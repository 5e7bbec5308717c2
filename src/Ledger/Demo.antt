-- ===== src/Ledger/Demo.antt =====
-- A small ledger for the tests: a depot, two godowns, a shop, a truck, one lot of rice.
use toomoki_cdac_pds.Ledger.Dispatch.{DispatchInput}
use toomoki_cdac_pds.Ledger.Receive.{ReceiveInput}
use toomoki_cdac_pds.Ledger.Allocate.{AllocateInput, FpsReceiptInput}
use toomoki_cdac_pds.Ledger.Distribute.{DistributionInput}
use toomoki_cdac_pds.Ledger.Lots.{split_lot_for_partial_dispatch}
use toomoki_cdac_pds.Ledger.Record.{
  timestamp_or, raise_audit_flag, record_event_with, record_event, draw_identifier, draw_timestamp,
  add_stock, consume_stock,
}
use toomoki_cdac_pds.SharedTypes.Routes.{is_commodity_route_edge_allowed}
use toomoki_cdac_pds.Ledger.Checks.{
  month_from_timestamp, validate_hash_format, entitlement_key, key_for, resolve_active_transporter,
  assert_active_stakeholder, must_get_entitlement_rule, must_get_grievance, must_get_ration_card,
  must_get_entitlement, must_get_allocation, must_get_transfer, must_get_lot,
}
use toomoki_cdac_pds.StringMap.{delete, set, get}
use toomoki_cdac_pds.Ledger.Exec.{◌>>=◌}
use Prim.Native.String.{String, ◌++◌ as append}
use toomoki_cdac_pds.Prelude.{true, none, some, [], ◌∷◌}
use toomoki_cdac_pds.Prelude.Int.{◌+ℤ◌, ◌-ℤ◌, pos}
use toomoki_cdac_pds.Prelude.Text.{
  show_ℤ, pad2, is_raw_numeric_id, has_space, js_length, is_blank, show,
}
use toomoki_cdac_pds.SharedTypes.{
  AuthResult, AuthMode, Stage, Stakeholder, StakeholderType, StakeholderStatus, CommodityLot,
  LotStatus, MonthlyEntitlement,
}
use toomoki_cdac_pds.Ledger.State.{Dates, Runtime, PdsLedger, empty_ledger}

-- Every date is read as the first of July 2026.
abbrev pub demo_dates : Dates
demo_dates = record {
  parse = λ _. some (pos 1782864000000);
  utc_full_year = λ _. 2026;
  utc_month = λ _. 6;
  utc_date = λ _. 1;
  utc_hours = λ _. 0;
  utc_minutes = λ _. 0;
  utc_seconds = λ _. 0;
  to_iso_string = λ _. "2026-07-08T00:00:00.000Z";
}

abbrev pub demo_runtime : Runtime
demo_runtime = record {
  timestamp = λ _. "2026-07-01T00:00:00.000Z";
  identifier = λ n. append "id-" (show n);
  dates = demo_dates;
  locale_le = λ a b. true;
  random_suffix = "abcd";
}

abbrev pub demo_stakeholder : String → StakeholderType → Stakeholder
demo_stakeholder id kind = record {
  stakeholder_id = id;
  stakeholder_type = kind;
  name = id;
  district = "Demo";
  license_no = "L-1";
  status = StakeholderStatus.active;
  jurisdiction = none;
  capacity_kg = none;
  dealer_name = none;
  dealer_id = none;
  shop_no = none;
  block_name = none;
  tehsil_name = none;
  location = none;
}

abbrev pub demo_lot : CommodityLot
demo_lot = record {
  lot_id = "LOT-1";
  commodity = "Rice";
  season = "Kharif 2026";
  quantity_kg = pos 1000;
  quality_grade = "A";
  source = "Depot";
  current_owner = "FCI-001";
  current_location = "Depot";
  status = LotStatus.created;
  transformed_from_lot_id = none;
  created_at = none;
  root_lot_id = none;
  parent_lot_id = none;
  original_quantity_kg = none;
  remaining_quantity_kg = none;
  unit = none;
  version = none;
}

abbrev pub demo_entitlement : MonthlyEntitlement
demo_entitlement = record {
  ration_card_hash = "card-hash-1";
  commodity = "Rice";
  month = "2026-07";
  monthly_entitlement_kg = pos 25;
  already_lifted_kg = pos 0;
  available_balance_kg = pos 25;
  active = true;
  category = none;
  ledger_tx_id = none;
  provenance = none;
}

abbrev pub demo : PdsLedger
demo = record (empty_ledger demo_runtime) {
  stakeholders =
      ("FCI-001", demo_stakeholder "FCI-001" StakeholderType.fci)
      ∷ ("GODOWN-S-001", demo_stakeholder "GODOWN-S-001" StakeholderType.state_godown)
      ∷ ("GODOWN-B-001", demo_stakeholder "GODOWN-B-001" StakeholderType.block_godown)
      ∷ ("FPS-101", demo_stakeholder "FPS-101" StakeholderType.fair_price_shop)
      ∷ ("TRUCK-1", demo_stakeholder "TRUCK-1" StakeholderType.transporter)
      ∷ [];
  lots = ("LOT-1", demo_lot) ∷ [];
  stock =
      ("FCI-001:Rice", pos 1000) ∷ ("GODOWN-B-001:Rice", pos 300) ∷ ("FPS-101:Rice", pos 40) ∷ [];
  entitlements =
      ("card-hash-1:Rice:2026-07", record { entitlement = demo_entitlement; shared_with = none })
      ∷ [];
}

-- A part of the lot leaves the depot.
abbrev pub demo_dispatch : DispatchInput
demo_dispatch = record {
  transfer_id = "TR-1";
  lot_id = "LOT-1";
  from_org = "FCI-001";
  to_org = "GODOWN-S-001";
  dispatched_qty_kg = pos 400;
  vehicle_no = "MH-01";
  dispatch_timestamp = none;
  stage = some Stage.stage_i;
  ro_ref = none;
  authorized_by = none;
  transporter_id = "TRUCK-1";
  transformed_from_lot_id = none;
}

abbrev pub demo_receipt : ReceiveInput
demo_receipt = record { transfer_id = "TR-1"; received_qty_kg = pos 390; receive_timestamp = none }

abbrev pub demo_allocation : AllocateInput
demo_allocation = record {
  allocation_id = "ALLOC-1";
  fps_id = "FPS-101";
  commodity = "Rice";
  allocated_qty_kg = pos 100;
  month = "2026-07";
  source_godown_id = "GODOWN-B-001";
  transporter_id = "TRUCK-1";
  vehicle_no = "MH-02";
  dispatch_timestamp = none;
}

abbrev pub demo_fps_receipt : FpsReceiptInput
demo_fps_receipt = record {
  allocation_id = "ALLOC-1";
  received_qty_kg = pos 95;
  receive_timestamp = none;
}

abbrev pub demo_distribution : DistributionInput
demo_distribution = record {
  distribution = record {
    distribution_id = "DIST-1";
    fps_id = "FPS-101";
    ration_card_hash = "card-hash-1";
    beneficiary_ref_hash = "beneficiary-1";
    commodity = "Rice";
    delivered_kg = pos 20;
    auth_mode = AuthMode.mock_otp;
    auth_result = AuthResult.success;
    auth_txn_ref_hash = "ref";
    dealer_id = "D-1";
    timestamp = "";
    ledger_tx_id = none;
    provenance = none;
  };
  timestamp = none;
}

-- A run of the engine unfolds what this names.
unfoldable pub engine : Unit {0}
unfolding ◌>>=◌ get set delete must_get_lot must_get_transfer must_get_allocation
    must_get_entitlement must_get_ration_card must_get_grievance must_get_entitlement_rule
    assert_active_stakeholder resolve_active_transporter is_blank is_commodity_route_edge_allowed
    consume_stock add_stock key_for entitlement_key split_lot_for_partial_dispatch draw_timestamp
    draw_identifier record_event record_event_with raise_audit_flag timestamp_or
    validate_hash_format js_length has_space is_raw_numeric_id month_from_timestamp pad2 show show_ℤ
    ◌-ℤ◌ ◌+ℤ◌
engine = tt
________________
_YOUR ASSIGNMENT_
Each line from the one with "draw_identifier record_event record_event_with" through the last line of the records above must be retyped exactly, and no other line may be given.

_YOUR RESPONSE_
    draw_identifier record_event record_event_with raise_audit_flag timestamp_or
    validate_hash_format js_length has_space is_raw_numeric_id month_from_timestamp pad2 show show_ℤ
    ◌-ℤ◌ ◌+ℤ◌
engine = tt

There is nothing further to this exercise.